Segment Open

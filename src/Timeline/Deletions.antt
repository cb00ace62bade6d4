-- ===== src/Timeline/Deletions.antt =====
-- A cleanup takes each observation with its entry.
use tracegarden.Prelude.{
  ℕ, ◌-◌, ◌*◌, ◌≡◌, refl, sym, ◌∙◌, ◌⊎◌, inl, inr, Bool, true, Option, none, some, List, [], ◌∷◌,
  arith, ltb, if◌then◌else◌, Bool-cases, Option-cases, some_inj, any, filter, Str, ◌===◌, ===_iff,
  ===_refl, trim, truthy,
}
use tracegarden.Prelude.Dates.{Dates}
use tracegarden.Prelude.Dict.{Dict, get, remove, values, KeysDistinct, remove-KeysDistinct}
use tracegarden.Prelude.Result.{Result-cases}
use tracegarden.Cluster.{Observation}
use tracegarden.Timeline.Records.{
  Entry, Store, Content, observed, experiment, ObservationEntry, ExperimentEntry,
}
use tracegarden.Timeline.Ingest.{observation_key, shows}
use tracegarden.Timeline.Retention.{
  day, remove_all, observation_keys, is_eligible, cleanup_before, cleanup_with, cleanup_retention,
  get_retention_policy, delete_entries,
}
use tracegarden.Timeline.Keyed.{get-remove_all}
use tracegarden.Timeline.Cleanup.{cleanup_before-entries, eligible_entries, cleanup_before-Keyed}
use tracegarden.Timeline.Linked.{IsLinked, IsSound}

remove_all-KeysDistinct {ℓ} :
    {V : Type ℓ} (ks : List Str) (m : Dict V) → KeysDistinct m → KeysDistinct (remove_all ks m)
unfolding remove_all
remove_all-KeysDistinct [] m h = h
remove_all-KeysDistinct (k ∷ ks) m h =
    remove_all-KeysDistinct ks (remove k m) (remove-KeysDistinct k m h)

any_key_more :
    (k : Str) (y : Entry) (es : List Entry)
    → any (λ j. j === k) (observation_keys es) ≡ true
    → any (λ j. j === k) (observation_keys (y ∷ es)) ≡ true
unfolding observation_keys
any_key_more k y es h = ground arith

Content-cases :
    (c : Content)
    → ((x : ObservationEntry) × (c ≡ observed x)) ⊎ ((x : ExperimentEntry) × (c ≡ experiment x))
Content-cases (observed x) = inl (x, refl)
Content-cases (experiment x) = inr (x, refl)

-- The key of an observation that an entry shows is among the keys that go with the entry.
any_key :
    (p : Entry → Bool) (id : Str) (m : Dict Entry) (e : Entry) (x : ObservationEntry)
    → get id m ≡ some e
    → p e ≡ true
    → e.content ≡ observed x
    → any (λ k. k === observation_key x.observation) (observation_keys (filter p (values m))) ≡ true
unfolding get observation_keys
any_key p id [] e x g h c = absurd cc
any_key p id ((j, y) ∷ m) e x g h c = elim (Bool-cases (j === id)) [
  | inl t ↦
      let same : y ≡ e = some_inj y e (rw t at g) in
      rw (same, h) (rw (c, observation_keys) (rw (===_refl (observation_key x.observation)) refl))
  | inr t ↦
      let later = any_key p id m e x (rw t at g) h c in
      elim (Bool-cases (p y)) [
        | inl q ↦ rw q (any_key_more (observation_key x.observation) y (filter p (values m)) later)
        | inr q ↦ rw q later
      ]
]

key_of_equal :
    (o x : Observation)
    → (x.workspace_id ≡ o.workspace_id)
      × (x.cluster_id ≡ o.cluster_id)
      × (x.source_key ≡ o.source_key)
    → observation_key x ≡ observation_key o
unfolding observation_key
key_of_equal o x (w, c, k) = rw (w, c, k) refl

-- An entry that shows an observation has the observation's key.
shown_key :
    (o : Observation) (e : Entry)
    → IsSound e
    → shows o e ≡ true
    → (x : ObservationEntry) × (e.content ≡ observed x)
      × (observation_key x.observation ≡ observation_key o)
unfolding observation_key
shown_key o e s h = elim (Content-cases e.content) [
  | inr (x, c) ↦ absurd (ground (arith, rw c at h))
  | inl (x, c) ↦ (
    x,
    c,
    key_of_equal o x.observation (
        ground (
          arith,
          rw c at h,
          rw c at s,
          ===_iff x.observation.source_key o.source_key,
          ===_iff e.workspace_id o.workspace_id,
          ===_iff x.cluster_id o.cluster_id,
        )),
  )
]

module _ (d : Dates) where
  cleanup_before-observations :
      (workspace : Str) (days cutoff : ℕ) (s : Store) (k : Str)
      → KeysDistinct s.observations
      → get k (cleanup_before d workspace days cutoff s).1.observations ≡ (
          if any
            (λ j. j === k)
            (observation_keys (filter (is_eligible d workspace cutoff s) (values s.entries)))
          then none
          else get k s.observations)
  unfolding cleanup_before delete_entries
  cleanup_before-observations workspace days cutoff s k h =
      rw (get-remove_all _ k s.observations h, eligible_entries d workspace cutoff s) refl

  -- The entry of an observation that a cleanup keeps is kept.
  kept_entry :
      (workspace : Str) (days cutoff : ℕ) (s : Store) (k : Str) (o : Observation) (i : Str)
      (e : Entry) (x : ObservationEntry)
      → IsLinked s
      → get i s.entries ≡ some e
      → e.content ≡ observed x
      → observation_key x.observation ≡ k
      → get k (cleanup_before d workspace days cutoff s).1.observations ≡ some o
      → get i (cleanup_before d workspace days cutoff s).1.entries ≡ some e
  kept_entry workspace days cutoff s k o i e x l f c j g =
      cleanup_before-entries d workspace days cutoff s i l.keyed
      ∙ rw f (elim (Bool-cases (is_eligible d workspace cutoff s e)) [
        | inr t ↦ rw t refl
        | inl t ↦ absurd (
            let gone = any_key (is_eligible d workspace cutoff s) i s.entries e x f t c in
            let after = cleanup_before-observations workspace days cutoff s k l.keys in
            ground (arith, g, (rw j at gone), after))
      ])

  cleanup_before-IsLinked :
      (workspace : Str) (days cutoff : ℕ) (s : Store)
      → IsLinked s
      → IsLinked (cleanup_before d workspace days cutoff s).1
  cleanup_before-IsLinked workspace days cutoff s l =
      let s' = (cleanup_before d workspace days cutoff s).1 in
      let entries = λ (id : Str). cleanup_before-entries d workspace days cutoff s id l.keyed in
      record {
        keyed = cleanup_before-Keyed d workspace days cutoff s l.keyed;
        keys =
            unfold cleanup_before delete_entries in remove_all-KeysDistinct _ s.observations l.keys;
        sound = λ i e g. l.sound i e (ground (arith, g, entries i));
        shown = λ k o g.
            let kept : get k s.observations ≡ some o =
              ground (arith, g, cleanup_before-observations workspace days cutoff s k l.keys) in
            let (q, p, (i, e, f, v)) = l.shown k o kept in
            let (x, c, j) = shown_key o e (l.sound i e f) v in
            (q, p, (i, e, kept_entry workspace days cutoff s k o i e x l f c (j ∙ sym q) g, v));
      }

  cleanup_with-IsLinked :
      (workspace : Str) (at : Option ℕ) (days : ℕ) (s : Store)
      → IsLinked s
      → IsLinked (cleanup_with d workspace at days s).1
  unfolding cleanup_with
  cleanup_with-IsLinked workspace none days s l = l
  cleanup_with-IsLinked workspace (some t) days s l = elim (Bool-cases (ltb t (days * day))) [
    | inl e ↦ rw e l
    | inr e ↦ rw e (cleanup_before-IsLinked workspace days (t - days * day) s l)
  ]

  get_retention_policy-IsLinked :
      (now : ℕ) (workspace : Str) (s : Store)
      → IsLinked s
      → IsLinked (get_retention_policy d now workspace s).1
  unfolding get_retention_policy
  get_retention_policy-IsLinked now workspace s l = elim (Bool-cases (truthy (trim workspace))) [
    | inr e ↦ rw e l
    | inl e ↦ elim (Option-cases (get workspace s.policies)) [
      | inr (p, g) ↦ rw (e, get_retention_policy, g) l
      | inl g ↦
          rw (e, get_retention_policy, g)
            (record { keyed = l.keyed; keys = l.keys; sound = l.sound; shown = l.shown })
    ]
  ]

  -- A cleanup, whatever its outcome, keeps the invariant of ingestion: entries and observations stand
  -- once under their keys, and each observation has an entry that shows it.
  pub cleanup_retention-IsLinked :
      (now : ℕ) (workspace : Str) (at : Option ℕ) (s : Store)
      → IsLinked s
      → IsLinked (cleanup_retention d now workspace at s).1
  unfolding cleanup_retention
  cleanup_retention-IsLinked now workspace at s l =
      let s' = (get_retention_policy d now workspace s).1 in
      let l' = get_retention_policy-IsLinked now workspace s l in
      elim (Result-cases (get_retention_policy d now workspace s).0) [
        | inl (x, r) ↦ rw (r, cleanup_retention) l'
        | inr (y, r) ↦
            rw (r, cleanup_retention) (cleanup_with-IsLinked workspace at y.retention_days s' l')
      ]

Segment Closed

**REQUIREMENT:**
All lines above between those holding "shows o e ≡ true" and "s).1.observations ≡ some o", inclusive, must be set down unchanged, and no other line may be included.

**YOUR SOLUTION:**
    → shows o e ≡ true
    → (x : ObservationEntry) × (e.content ≡ observed x)
      × (observation_key x.observation ≡ observation_key o)
unfolding observation_key
shown_key o e s h = elim (Content-cases e.content) [
  | inr (x, c) ↦ absurd (ground (arith, rw c at h))
  | inl (x, c) ↦ (
    x,
    c,
    key_of_equal o x.observation (
        ground (
          arith,
          rw c at h,
          rw c at s,
          ===_iff x.observation.source_key o.source_key,
          ===_iff e.workspace_id o.workspace_id,
          ===_iff x.cluster_id o.cluster_id,
        )),
  )
]

module _ (d : Dates) where
  cleanup_before-observations :
      (workspace : Str) (days cutoff : ℕ) (s : Store) (k : Str)
      → KeysDistinct s.observations
      → get k (cleanup_before d workspace days cutoff s).1.observations ≡ (
          if any
            (λ j. j === k)
            (observation_keys (filter (is_eligible d workspace cutoff s) (values s.entries)))
          then none
          else get k s.observations)
  unfolding cleanup_before delete_entries
  cleanup_before-observations workspace days cutoff s k h =
      rw (get-remove_all _ k s.observations h, eligible_entries d workspace cutoff s) refl

  -- The entry of an observation that a cleanup keeps is kept.
  kept_entry :
      (workspace : Str) (days cutoff : ℕ) (s : Store) (k : Str) (o : Observation) (i : Str)
      (e : Entry) (x : ObservationEntry)
      → IsLinked s
      → get i s.entries ≡ some e
      → e.content ≡ observed x
      → observation_key x.observation ≡ k
      → get k (cleanup_before d workspace days cutoff s).1.observations ≡ some o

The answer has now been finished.